Positives – Maria Bambord has a joyful short cameo as Krystal’s Mum. I’m also glad that Maria Bakalova is getting more work in Hollywood since appearing in Borat’s Subsequent Moviefilm, where she starred and won a few awards, and she plays a hotel receptionist here. Fred Armisen seems to embrace his opportunity with a substantial role in a big movie; his director character seems a fairly well-constructed parody, and Eigan even takes part in the only scene of the movie I can pass for really clever irony; and that is, justifying having Carol piss herself under the guise of realism, just after we’ve had a scene with a baby cliff beast dancing 😉 I will also say that the Cliff Beasts series does seem like a gratifying parody, skewering Jurassic Park, and a myriad of other bombastic action franchises – the green screen scenes are pretty interesting alone, showing disastrous takes with the CGI put in, only because I’ve never seen anything like them before. Are they enough for me to urge someone to watch this movie though? No. Harry Trevaldwyn’s performance as the primary COVID safety officer is unusual enough to be interesting too – he makes expressions that remind me of Vanessa Bayer, for whatever that’s worth.
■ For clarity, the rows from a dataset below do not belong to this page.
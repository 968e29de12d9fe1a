-- ===== src/Integer/Montgomery/Multiply.antt =====
-- Montgomery multiplication of src/integer/integer.c, and the product modulo the modulus.
use mathlib.Core.Path.{subst}
use slim_data_crypt.Common.{
  ℕ, zero, suc, ◌+◌, ◌-◌, ◌*◌, ◌/◌, ◌%◌, ◌^◌, ◌<◌, ◌≤◌, ◌≡◌, refl, ap, sym, ◌∙◌, List, [], ◌∷◌,
  ◌++◌, length, length-append, drop, All, All-append, arith, get_or, u64, bit_or,
}
use native.Mathlib.Nat.{mul-add-mod_self_right, mul-le-mul}
use slim_data_crypt.Integer.{IsWord, u128, value, scale, zeros, is_nonzero_word, gte, sub_ctl}
use slim_data_crypt.Integer.Values.{value-append, scale-add, zeros_lem, scale_zero}
use slim_data_crypt.Integer.Masks.{is_nonzero_word_lem}
use slim_data_crypt.Integer.Compare.{gte_lem}
use slim_data_crypt.Integer.Remainders.Bits.{pow_add}
use slim_data_crypt.Integer.Remainders.Reduce.{subtracted}
use slim_data_crypt.Integer.Montgomery.{mont_row, mont_loop, mont_mul}
use slim_data_crypt.Integer.Montgomery.Row.{Row, mont_row-Row, mont_row_first}

scale-mul : (k c : ℕ) → scale k (2 ^ 64 * c) ≡ 2 ^ 64 * scale k c
scale-mul zero c = refl
scale-mul (suc k) c = omega (arith, scale-mul k c)

-- The state between two rounds: less than the sum of the modulus and the second factor.
record Partial (n bound : ℕ) (r : List ℕ) (dh : ℕ) : Type 0 where
  same_length : length r ≡ n
  words : All IsWord r
  bit : dh ≤ 1
  below : value r + scale n dh < bound

-- What a row leaves, moved down by one word with the carries behind it.
pub moved :
    (k total dh : ℕ) (row : List ℕ × ℕ × ℕ)
    → Row (suc k) total row
    → get_or row.0 0 0 ≡ 0
    → dh ≤ 1
    → let zh = u128 (dh + row.1 + row.2) in
      let r = drop 1 row.0 ++ (u64 zh ∷ []) in
      (length r ≡ suc k)
      × All IsWord r
      × (zh / 2 ^ 64 ≤ 1)
      × (2 ^ 64 * (value r + scale (suc k) (zh / 2 ^ 64)) ≡ total + scale (suc k) dh)
moved k total dh ([], c, d) row none h = absurd (omega (arith, row.same_length))
moved k total dh (z ∷ zs, c, d) row none h =
    let zh = (dh + c + d) % 2 ^ 128 in
    let small : zh ≡ dh + c + d = omega (arith, row.first, row.second) in
    let size : length zs ≡ k = omega (arith, row.same_length) in
    let place : scale (length zs) (zh % 2 ^ 64 + 2 ^ 64 * 0) ≡ scale k (zh % 2 ^ 64) =
      ap (λ n. scale n (zh % 2 ^ 64 + 2 ^ 64 * 0)) size
      ∙ ap (scale k) (let e : zh % 2 ^ 64 + 2 ^ 64 * 0 ≡ zh % 2 ^ 64 = omega arith in e) in
    let halves : scale k zh ≡ scale k (zh % 2 ^ 64) + 2 ^ 64 * scale k (zh / 2 ^ 64) =
      ap (scale k) (let e : zh ≡ zh % 2 ^ 64 + 2 ^ 64 * (zh / 2 ^ 64) = omega arith in e)
      ∙ scale-add k (zh % 2 ^ 64) (2 ^ 64 * (zh / 2 ^ 64))
      ∙ ap (λ t. scale k (zh % 2 ^ 64) + t) (scale-mul k (zh / 2 ^ 64)) in
    let all : scale k zh ≡ scale k dh + scale k c + scale k d =
      ap (scale k) small ∙ scale-add k (dh + c) d ∙ ap (λ t. t + scale k d) (scale-add k dh c) in
    (
      omega (arith, length-append zs (zh % 2 ^ 64 ∷ []), size),
      All-append IsWord zs (zh % 2 ^ 64 ∷ []) row.words.1 (omega arith, tt),
      omega (arith, row.first, row.second),
      omega (arith, value-append zs (zh % 2 ^ 64 ∷ []), place, halves, all, row.sum),
    )

-- A round divides by the word size what it adds up to.
bound_lem :
    (v a b f n w : ℕ) → v < n + b → IsWord a → IsWord f → 2 ^ 64 * w ≡ v + a * b + f * n → w < n + b
bound_lem v a b f n w h p q e =
    let left : a ≤ 2 ^ 64 - 1 = omega arith in
    let right : f ≤ 2 ^ 64 - 1 = omega arith in
    let first : a * b ≤ (2 ^ 64 - 1) * b = mul-le-mul left (let r : b ≤ b = omega arith in r) in
    let second : f * n ≤ (2 ^ 64 - 1) * n = mul-le-mul right (let r : n ≤ n = omega arith in r) in
    omega arith

pub scale_pow : (k c : ℕ) → scale k c ≡ c * 2 ^ (k * 64)
scale_pow zero c = omega arith
scale_pow (suc k) c =
    let more : 2 ^ (suc k * 64) ≡ 2 ^ 64 * 2 ^ (k * 64) =
      ap (λ t. 2 ^ t) (let e : suc k * 64 ≡ 64 + k * 64 = omega arith in e) ∙ pow_add 64 (k * 64) in
    ap (λ t. 2 ^ 64 * t) (scale_pow k c)
    ∙ (let e : 2 ^ 64 * (c * 2 ^ (k * 64)) ≡ c * (2 ^ 64 * 2 ^ (k * 64)) = grind arith in e)
    ∙ ap (λ t. c * t) (sym more)

gte_bit : (r n : List ℕ) → length r ≡ length n → All IsWord r → All IsWord n → gte r n ≤ 1
gte_bit r n e p q = rw (gte_lem r n e p q) (ground arith)

nonzero_bit : (c : ℕ) → c ≤ 1 → is_nonzero_word c ≡ c
nonzero_bit zero h = is_nonzero_word_lem 0 (omega arith)
nonzero_bit (suc zero) h = is_nonzero_word_lem 1 (omega arith)
nonzero_bit (suc (suc c)) h = absurd (omega arith)

or_swap : (c g : ℕ) → c ≤ 1 → g ≤ 1 → bit_or c g ≡ bit_or g c
or_swap zero zero h k = refl
or_swap zero (suc zero) h k = refl
or_swap (suc zero) zero h k = refl
or_swap (suc zero) (suc zero) h k = refl
or_swap (suc (suc c)) g h k = absurd (omega arith)
or_swap zero (suc (suc g)) h k = absurd (omega arith)
or_swap (suc zero) (suc (suc g)) h k = absurd (omega arith)

flags : (c g : ℕ) → c ≤ 1 → g ≤ 1 → bit_or (is_nonzero_word c) g ≡ bit_or g c
flags c g h k = ap (λ t. bit_or t g) (nonzero_bit c h) ∙ or_swap c g h k

-- Numbers that differ by moduli have the same remainder.
congruent :
    (n o ge v power product quotient : ℕ)
    → o + ge * n ≡ v
    → v * power ≡ product + quotient * n
    → o * power % n ≡ product % n
congruent n o ge v power product quotient e f =
    sym (mul-add-mod_self_right (ge * power) n (o * power))
    ∙ ap (λ t. t % n)
        ((let g : ge * power * n + o * power ≡ (o + ge * n) * power = grind arith in g)
          ∙ ap (λ t. t * power) e
          ∙ f
          ∙ (let g : product + quotient * n ≡ quotient * n + product = omega arith in g))
    ∙ mul-add-mod_self_right quotient n product

-- The modulus `m ∷ ns`, the second factor `b ∷ bs` below it, and the negated inverse of `m`.
module _ (m : ℕ) (ns : List ℕ) (b : ℕ) (bs : List ℕ) (ninv : ℕ) (size : length bs ≡ length ns)
    (moduli : All IsWord (m ∷ ns)) (words : All IsWord (b ∷ bs))
    (inverse : (ninv * m + 1) % 2 ^ 64 ≡ 0) where
  abbrev bound : ℕ
  bound = value (m ∷ ns) + value (b ∷ bs)

  -- After the rounds, times the word size for each, there is the product and some moduli.
  record Multiplied (start a : ℕ) (k : ℕ) (out : List ℕ × ℕ) : Type 0 where
    partial : Partial (length (m ∷ ns)) bound out.0 out.1
    quotient : ℕ
    sum :
        scale k (value out.0 + scale (length (m ∷ ns)) out.1)
        ≡ start + a * value (b ∷ bs) + quotient * value (m ∷ ns)

  mont_loop-Multiplied :
      (xs r : List ℕ) (dh : ℕ)
      → value (b ∷ bs) < value (m ∷ ns)
      → All IsWord xs
      → Partial (length (m ∷ ns)) bound r dh
      → Multiplied
          (value r + scale (length (m ∷ ns)) dh)
          (value xs)
          (length xs)
          (mont_loop ninv xs (b ∷ bs) (m ∷ ns) r dh)
  unfolding mont_loop
  mont_loop-Multiplied [] r dh less p s = record { partial = s; quotient = 0; sum = omega arith }
  mont_loop-Multiplied (a ∷ xs) [] dh less p s = absurd (omega (arith, s.same_length))
  mont_loop-Multiplied (a ∷ xs) (r ∷ rs) dh less p s =
      let f = (r + a * b) % 2 ^ 64 * ninv % 2 ^ 64 in
      let row =
        mont_row-Row a f (r ∷ rs) (b ∷ bs) (m ∷ ns) 0 0 s.same_length (omega (arith, size)) p.0
          (omega arith) s.words words moduli (omega arith) (omega arith) in
      let low = mont_row_first a r b m ninv rs bs ns p.0 s.words.0 words.0 moduli.0 inverse in
      let (long, all, bit, sum) = moved (length ns) _ dh _ row low s.bit in
      let out = mont_row a f (r ∷ rs) (b ∷ bs) (m ∷ ns) 0 0 in
      let zh = u128 (dh + out.1 + out.2) in
      let v = value (r ∷ rs) + scale (suc (length ns)) dh in
      let made : 2 ^ 64
            * (value (drop 1 out.0 ++ (u64 zh ∷ [])) + scale (suc (length ns)) (zh / 2 ^ 64))
          ≡ v + a * value (b ∷ bs) + f * value (m ∷ ns) =
        omega (arith, sum) in
      let rest =
        mont_loop-Multiplied xs (drop 1 out.0 ++ (u64 zh ∷ [])) (zh / 2 ^ 64) less p.1 (record {
          same_length = long;
          words = all;
          bit = bit;
          below =
              bound_lem v a (value (b ∷ bs)) f (value (m ∷ ns)) _ s.below p.0 (omega arith) made;
        }) in
      let product1 : (a + 2 ^ 64 * value xs) * value (b ∷ bs)
          ≡ a * value (b ∷ bs) + 2 ^ 64 * (value xs * value (b ∷ bs)) =
        grind arith in
      let product2 : (f + 2 ^ 64 * rest.quotient) * value (m ∷ ns)
          ≡ f * value (m ∷ ns) + 2 ^ 64 * (rest.quotient * value (m ∷ ns)) =
        grind arith in
      record {
        partial = rest.partial;
        quotient = f + 2 ^ 64 * rest.quotient;
        sum = omega (arith, rest.sum, made, product1, product2);
      }

  -- The words of the product, its bound and its remainder.
  mont_mul_whole :
      (xs : List ℕ)
      → length xs ≡ length (m ∷ ns)
      → value (b ∷ bs) < value (m ∷ ns)
      → All IsWord xs
      → let out = mont_mul xs (b ∷ bs) (m ∷ ns) ninv in
        (length out ≡ length (m ∷ ns))
        × All IsWord out
        × (value out < value (m ∷ ns))
        × (value out * 2 ^ (length (m ∷ ns) * 64) % value (m ∷ ns)
            ≡ value xs * value (b ∷ bs) % value (m ∷ ns))
  mont_mul_whole xs same less p =
      let n = m ∷ ns in
      let (none, long, zero_words) = zeros_lem (length n) in
      let start : value (zeros (length n)) + scale (length n) 0 ≡ 0 =
        omega (arith, none, scale_zero (length n)) in
      let done_ = mont_loop-Multiplied xs (zeros (length n)) 0 less p (record {
        same_length = long;
        words = zero_words;
        bit = omega arith;
        below = omega (arith, start);
      }) in
      let out = mont_loop ninv xs (b ∷ bs) n (zeros (length n)) 0 in
      let s = done_.partial in
      let last =
        subtracted n out.0 out.1 s.same_length s.words moduli s.bit (omega (arith, s.below)) in
      let result : mont_mul xs (b ∷ bs) n ninv ≡ (sub_ctl out.0 n (bit_or (gte out.0 n) out.1)).0 =
        (let q : mont_mul xs (b ∷ bs) n ninv
              ≡ (sub_ctl out.0 n (bit_or (is_nonzero_word out.1) (gte out.0 n))).0 =
            unfold mont_mul in refl in
          q)
        ∙ ap (λ t. (sub_ctl out.0 n t).0)
            (flags out.1 (gte out.0 n) s.bit (gte_bit out.0 n s.same_length s.words moduli)) in
      subst
        (λ o.
          (length o ≡ length n)
          × All IsWord o
          × (value o < value n)
          × (value o * 2 ^ (length n * 64) % value n ≡ value xs * value (b ∷ bs) % value n))
        (sym result)
        (
          last.same_length,
          last.words,
          last.below,
          congruent (value n) (value (sub_ctl out.0 n (bit_or (gte out.0 n) out.1)).0)
              (bit_or (gte out.0 n) out.1) (value out.0 + scale (length n) out.1)
              (2 ^ (length n * 64)) (value xs * value (b ∷ bs)) done_.quotient last.sum
              (sym (scale_pow (length n) _)
                ∙ ap (λ k. scale k (value out.0 + scale (length n) out.1)) (sym same)
                ∙ omega (arith, done_.sum, start)),
        )

  -- With factors of as many words as the modulus, the second one below it, a modulus whose lowest
  -- word has the negated inverse `ninv`: `sdc_int_mont_mul` gives a number below the modulus that
  -- is, times the word size for each word, the product of the factors modulo the modulus.
  pub mont_mul_lem :
      (xs : List ℕ)
      → length xs ≡ length (m ∷ ns)
      → value (b ∷ bs) < value (m ∷ ns)
      → All IsWord xs
      → let out = mont_mul xs (b ∷ bs) (m ∷ ns) ninv in
        (value out < value (m ∷ ns))
        × (value out * 2 ^ (length (m ∷ ns) * 64) % value (m ∷ ns)
            ≡ value xs * value (b ∷ bs) % value (m ∷ ns))
  mont_mul_lem xs same less p = let whole = mont_mul_whole xs same less p in (whole.2, whole.3)

  pub mont_mul_words :
      (xs : List ℕ)
      → length xs ≡ length (m ∷ ns)
      → value (b ∷ bs) < value (m ∷ ns)
      → All IsWord xs
      → (length (mont_mul xs (b ∷ bs) (m ∷ ns) ninv) ≡ length (m ∷ ns))
        × All IsWord (mont_mul xs (b ∷ bs) (m ∷ ns) ninv)
  mont_mul_words xs same less p = let whole = mont_mul_whole xs same less p in (whole.0, whole.1)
And embarrassing as it may seem, I genuinely concluded that Iris Apatow was actually Madeline Zima for the entire movie, and I was bound to say how much I loved Zima embracing her character, as my favourite part of the movie 🥴 But since I haven’t seen Iris Apatow in many other things, maybe she’s as flat as the rest of the cast, and going through the motions; I don’t know. Apatow and Zima look very similar though, right? If only Iris is a little younger and possibly shorter.

This is the first movie I’ve seen to make comment on COVID, despite there being others out there, but I found it either too soon, or not strong enough to be entertaining; probably the latter. It feels like it’s testing the waters for interesting takes, but I’ve heard it said that social media really has had a massive upper hand in delivering content on life with COVID, and current issues, because it can be near instantaneous, and there’s a lot of clever people out there. But on the premise and mere commentary, I think The Bubble makes Don’t Look Up look even better – for as erratic and aggressively poignant as that movie may be, at least it has a point; I struggle to label a clear angle from The Bubble, if anything. There are a lot of famous faces dropping in and out of The Bubble, and I think I was actively annoyed by the time the cameos came from John Lithgow and John Cena, because I realised that this movie seemed set on producing cheap throw-away jokes, instead of focusing in on something interesting, and I gave up. And it devolves into nonsense when Leslie Mann gets her hand blown off. But at least I learnt she can skate; that’s cool. For all The Bubble has to offer, it’s really forgettable. More squeak than substance.